Stored data:
===
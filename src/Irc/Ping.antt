-- ===== src/Irc/Ping.antt =====
-- `ping` of src/uip/irc.c: the message for a PING of the server.
use fx_ip.Base.{
  List, Mem, Option, [], ap, arith, blit, false, is_same_case, length, length-append, none, peek,
  poke, poke_self, refl, some, string_at, strlen, true, ℕ, ◌++◌, ◌+◌, ◌==◌, ◌∙◌, ◌∷◌, ◌≡◌, ◌≤◌,
}
use fx_ip.Irc.{
  Irc, irc_command_ping, irc_command_privmsg, irc_parse_command, irc_parse_line, ping, pong,
  split_command, split_prefix,
}
use fx_ip.Irc.Line.{split_command_lem}
use fx_ip.Irc.Print.{clipped_lem, snprintf_lem}
use fx_ip.Irc.Split.{newline, return}
use fx_ip.Irc.Strings.{
  At, At-append, At-cons, At-zeros, Lacks-append, cell-zeros, zero-zeros, zeros, zeros-memchr,
  zeros-string_at, zeros-strlen,
}
use fx_ip.Psock.Line.{Lacks}

ping-not_privmsg : is_same_case irc_command_ping irc_command_privmsg 4 ≡ false
unfolding is_same_case
ping-not_privmsg = refl

ping_matches : is_same_case irc_command_ping irc_command_ping 4 ≡ true
unfolding is_same_case
ping_matches = refl

parse_ping :
    (behind : ℕ) (prefix : Option ℕ) (command args : ℕ) (s : Irc)
    → strlen s.inputbuffer command ≡ 4
    → peek s.inputbuffer command 4 ≡ irc_command_ping
    → irc_parse_command behind prefix command args s ≡ some (ping args s)
unfolding irc_parse_command
parse_ping behind prefix command args s l word = rw (l, word, ping-not_privmsg, ping_matches) refl

-- the client once it has this message to send
abbrev pub to_send : List ℕ → Irc → Irc
to_send text s = record s {
  messagebuffer = blit s.messagebuffer 0 (text ++ (0 ∷ []));
  messagelength = length text;
}

ping_lem :
    (at_args : ℕ) (args : List ℕ) (s : Irc)
    → string_at s.inputbuffer at_args ≡ args
    → length (pong args) ≤ 254
    → ping at_args s ≡ to_send (pong args) s
unfolding ping
ping_lem at_args args s e h =
    rw (e, snprintf_lem s.messagebuffer 254 (pong args) h)
      (ap (λ n. record (to_send (pong args) s) { messagelength = n })
        (clipped_lem (length (pong args)) (omega arith)))

-- what follows the command, and the line `PING args`
abbrev pub rest_of : List ℕ → List ℕ
rest_of args = args ++ (return ∷ [])

abbrev pub ping_line : List ℕ → List ℕ
ping_line args = (irc_command_ping ++ (b' ' ∷ rest_of args)) ++ (newline ∷ [])

module _ (behind : ℕ) (s : Irc) (p : ℕ) (args : List ℕ) (no_nul : Lacks 0 args)
    (stands : At s.inputbuffer p (ping_line args)) where
  abbrev m : Mem
  m = s.inputbuffer

  abbrev whole : List ℕ
  whole = irc_command_ping ++ (b' ' ∷ rest_of args)

  rest_length : length (rest_of args) ≡ length args + 1
  rest_length = omega (arith, length-append {0} args (return ∷ []))

  line_length : length (ping_line args) ≡ 5 + length (rest_of args) + 1
  line_length = omega (arith, length-append {0} whole (newline ∷ []))

  abbrev end : ℕ
  end = p + length whole

  top : At m p whole
  top = (At-append m p whole (newline ∷ []) stands).0

  word : At m p irc_command_ping × At m (p + 4) (b' ' ∷ rest_of args)
  word = At-append m p irc_command_ping (b' ' ∷ rest_of args) top

  rest : (m (p + 4) ≡ b' ') × At m (p + 4 + 1) (rest_of args)
  rest = At-cons m (p + 4) b' ' (rest_of args) word.1

  rest_nul : Lacks 0 (rest_of args)
  rest_nul = Lacks-append 0 args (return ∷ []) no_nul ((λ e. absurd (omega arith)), tt)

  whole_nul : Lacks 0 whole
  whole_nul =
      Lacks-append 0 irc_command_ping (b' ' ∷ rest_of args) (omega arith)
        ((λ e. absurd (omega arith)), rest_nul)

  end_zero : (js : List ℕ) → zeros m (end ∷ js) end ≡ 0
  end_zero js = zero-zeros (poke m end 0) end js (poke_self m end 0)

  -- the client, with these NULs written into its input buffer
  abbrev with_zeros : List ℕ → Irc
  with_zeros js = record s { inputbuffer = zeros m js }

  start :
      irc_parse_line behind p (length (ping_line args)) s
      ≡ split_prefix behind p (length (ping_line args)) (with_zeros (end ∷ []))
  unfolding irc_parse_line
  start =
      ap
        (λ t.
          split_prefix behind p (length (ping_line args)) (record s { inputbuffer = poke m t 0 }))
        (omega (arith, line_length))

  no_prefix :
      split_prefix behind p (length (ping_line args)) (with_zeros (end ∷ []))
      ≡ split_command behind none p (with_zeros (end ∷ []))
  unfolding split_prefix
  no_prefix =
      let first : zeros m (end ∷ []) p ≡ b'P' =
        cell-zeros m p (end ∷ []) (omega arith)
        ∙ (At-cons m p b'P' (b'I' ∷ b'N' ∷ b'G' ∷ []) word.0).0 in
      let not_colon : (zeros m (end ∷ []) p == b':') ≡ false = ground arith in rw not_colon refl

  -- For a line `PING args`, whose parts have no NUL and no newline, and an argument of at most 248
  -- bytes, irc_parse_line sets the message to `PONG args` with the carriage return, and logs nothing.
  pub irc_parse_line-ping :
      length args ≤ 248
      → (m' : Mem) × (irc_parse_line behind p (length (ping_line args)) s
          ≡ some (to_send (pong (rest_of args)) (record s { inputbuffer = m' })))
  irc_parse_line-ping h = (
    zeros m (end ∷ (p + 4) ∷ []),
    start
        ∙ no_prefix
        ∙ split_command_lem behind (with_zeros (end ∷ [])) none p (length whole) (p + 4)
            (zeros-strlen m (end ∷ []) p whole top (omega arith) whole_nul (end_zero [])
              (omega (arith, rest_length, h)))
            (zeros-memchr m (end ∷ []) p irc_command_ping word.0 (omega arith) (length whole) b' '
              (omega arith) rest.0 (omega arith) (omega arith))
        ∙ parse_ping behind none p (p + 4 + 1) (with_zeros (end ∷ (p + 4) ∷ []))
            (zeros-strlen m (end ∷ (p + 4) ∷ []) p irc_command_ping word.0 (omega arith)
              (omega arith) (poke_self (zeros m (end ∷ [])) (p + 4) 0) (omega arith))
            (At-zeros m p irc_command_ping (end ∷ (p + 4) ∷ []) word.0 (omega arith))
        ∙ ap some (
            ping_lem (p + 4 + 1) (rest_of args) (with_zeros (end ∷ (p + 4) ∷ []))
              (zeros-string_at m (end ∷ (p + 4) ∷ []) (p + 4 + 1) (rest_of args) rest.1
                (omega arith) rest_nul
                (ap (zeros m (end ∷ (p + 4) ∷ [])) {y = end} (omega arith)
                  ∙ end_zero ((p + 4) ∷ []))
                (omega (arith, rest_length, h)))
              (omega (arith, rest_length, h))),
  )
===
Starting at the line above that contains "to_send text s", write out each line exactly until the line that contains "ping_line args = (irc_command_ping" has been written, and stop there.

to_send text s = record s {
  messagebuffer = blit s.messagebuffer 0 (text ++ (0 ∷ []));
  messagelength = length text;
}

ping_lem :
    (at_args : ℕ) (args : List ℕ) (s : Irc)
    → string_at s.inputbuffer at_args ≡ args
    → length (pong args) ≤ 254
    → ping at_args s ≡ to_send (pong args) s
unfolding ping
ping_lem at_args args s e h =
    rw (e, snprintf_lem s.messagebuffer 254 (pong args) h)
      (ap (λ n. record (to_send (pong args) s) { messagelength = n })
        (clipped_lem (length (pong args)) (omega arith)))

-- what follows the command, and the line `PING args`
abbrev pub rest_of : List ℕ → List ℕ
rest_of args = args ++ (return ∷ [])

abbrev pub ping_line : List ℕ → List ℕ
ping_line args = (irc_command_ping ++ (b' ' ∷ rest_of args)) ++ (newline ∷ [])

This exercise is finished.